**Task requirements**
Word for word, the records below are to be set down again.

**Supplied records**
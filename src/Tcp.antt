-- ===== src/Tcp.antt =====
-- skupper-router/clients/spout-client.c and drain-server.c: one sends octets over a TCP connection as fast
-- as it can, the other takes them. Both report the rate, with the same two functions.
pub mod Spout
pub mod Drain
mod Units
mod Transfer
mod Examples
use dispatch_tester.Common.{
  Bool, List, [], ◌∷◌, ℕ, zero, suc, ◌+◌, ◌-◌, ◌*◌, ◌/◌, ◌==◌, if◌then◌else◌, ltb, ℤ, pos, negsuc,
  sub_ℕ, lt_ℤ,
}
use dispatch_tester.Proton.Clock.{Timespec}

-- How a transfer ends: with a result, with an error, or not at all.
pub data Outcome {ℓ} (A : Type ℓ) : Type ℓ where
  finished : A → Outcome A
  failed blocked : Outcome A

-- The calls on a socket that end it, or one direction of it.
pub data SocketCall : Type 0 where
  shutdown_rd shutdown_wr close : SocketCall

-- `if (half_close) shutdown(…)`, before a transfer.
abbrev pub shut_first : Bool → SocketCall → List SocketCall
shut_first half_close call = if half_close then call ∷ [] else []

abbrev pub buffer_size : ℕ
buffer_size = 131072

-- The milliseconds between two readings of the clock.
unfoldable pub elapsed_msecs : Timespec → Timespec → ℤ
elapsed_msecs start end =
    sub_ℕ (end.tv_sec * 1000 + end.tv_nsec / 1000000)
      (start.tv_sec * 1000 + start.tv_nsec / 1000000)

-- A rate in octets a second is a fraction; the rounding of `long double` is left out.
pub record Rate : Type 0 where
  pub numerator : ℤ
  pub denominator : ℕ

-- `secs != 0.0L ? amount / secs : 0.0L`, where `secs` is `msecs / 1000.0L`.
unfoldable pub rate_of : ℕ → ℤ → Rate
rate_of amount (pos zero) = record { numerator = pos 0; denominator = 1 }
rate_of amount (pos (suc n)) = record { numerator = pos (amount * 1000); denominator = suc n }
rate_of amount (negsuc n) = record { numerator = sub_ℕ 0 (amount * 1000); denominator = suc n }

-- The loop of `humanize_rate`, from unit `unit` on: the unit, and the rate in it. The units are octets
-- and the powers of 1024 up to the fourth.
unfoldable pub scale_rate : ℕ → ℕ → Rate → ℕ × Rate
scale_rate zero unit r = (4, r)
scale_rate (suc k) unit r =
    let rest : ℕ × Rate =
      scale_rate k (suc unit)
        (record { numerator = r.numerator; denominator = r.denominator * 1024 }) in
    if lt_ℤ r.numerator (pos (1024 * r.denominator)) then (unit, r) else rest

unfoldable pub humanize_rate : Rate → ℕ × Rate
unfolding scale_rate
humanize_rate = scale_rate 5 0

-- What is reported: the octets, the milliseconds, and the rate in its unit.
pub record Report : Type 0 where
  pub octets : ℕ
  pub msecs : ℤ
  pub unit : ℕ
  pub rate : Rate

unfoldable pub report : ℕ → ℤ → Report
report octets msecs =
    let (unit, rate) = humanize_rate (rate_of octets msecs) in
    record { octets = octets; msecs = msecs; unit = unit; rate = rate }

**Answer for the task**
filename src/Tcp.antt
-- ===== src/Tcp.antt =====
-- skupper-router/clients/spout-client.c and drain-server.c: one sends octets over a TCP connection as fast
-- as it can, the other takes them. Both report the rate, with the same two functions.
pub mod Spout
pub mod Drain
mod Units
mod Transfer
mod Examples
use dispatch_tester.Common.{
  Bool, List, [], ◌∷◌, ℕ, zero, suc, ◌+◌, ◌-◌, ◌*◌, ◌/◌, ◌==◌, if◌then◌else◌, ltb, ℤ, pos, negsuc,
  sub_ℕ, lt_ℤ,
}
use dispatch_tester.Proton.Clock.{Timespec}

-- How a transfer ends: with a result, with an error, or not at all.
pub data Outcome {ℓ} (A : Type ℓ) : Type ℓ where
  finished : A → Outcome A
  failed blocked : Outcome A

-- The calls on a socket that end it, or one direction of it.
pub data SocketCall : Type 0 where
  shutdown_rd shutdown_wr close : SocketCall

-- `if (half_close) shutdown(…)`, before a transfer.
abbrev pub shut_first : Bool → SocketCall → List SocketCall
shut_first half_close call = if half_close then call ∷ [] else []

abbrev pub buffer_size : ℕ
buffer_size = 131072

-- The milliseconds between two readings of the clock.
unfoldable pub elapsed_msecs : Timespec → Timespec → ℤ
elapsed_msecs start end =
    sub_ℕ (end.tv_sec * 1000 + end.tv_nsec / 1000000)
      (start.tv_sec * 1000 + start.tv_nsec / 1000000)

-- A rate in octets a second is a fraction; the rounding of `long double` is left out.
pub record Rate : Type 0 where
  pub numerator : ℤ
  pub denominator : ℕ

-- `secs != 0.0L ? amount / secs : 0.0L`, where `secs` is `msecs / 1000.0L`.
unfoldable pub rate_of : ℕ → ℤ → Rate
rate_of amount (pos zero) = record { numerator = pos 0; denominator = 1 }
rate_of amount (pos (suc n)) = record { numerator = pos (amount * 1000); denominator = suc n }
rate_of amount (negsuc n) = record { numerator = sub_ℕ 0 (amount * 1000); denominator = suc n }

-- The loop of `humanize_rate`, from unit `unit` on: the unit, and the rate in it. The units are octets
-- and the powers of 1024 up to the fourth.
unfoldable pub scale_rate : ℕ → ℕ → Rate → ℕ × Rate
scale_rate zero unit r = (4, r)
scale_rate (suc k) unit r =
    let rest : ℕ × Rate =
      scale_rate k (suc unit)
        (record { numerator = r.numerator; denominator = r.denominator * 1024 }) in
    if lt_ℤ r.numerator (pos (1024 * r.denominator)) then (unit, r) else rest

unfoldable pub humanize_rate : Rate → ℕ × Rate
unfolding scale_rate
humanize_rate = scale_rate 5 0

-- What is reported: the octets, the milliseconds, and the rate in its unit.
pub record Report : Type 0 where
  pub octets : ℕ
  pub msecs : ℤ
  pub unit : ℕ
  pub rate : Rate

unfoldable pub report : ℕ → ℤ → Report
report octets msecs =
    let (unit, rate) = humanize_rate (rate_of octets msecs) in
    record { octets = octets; msecs = msecs; unit = unit; rate = rate }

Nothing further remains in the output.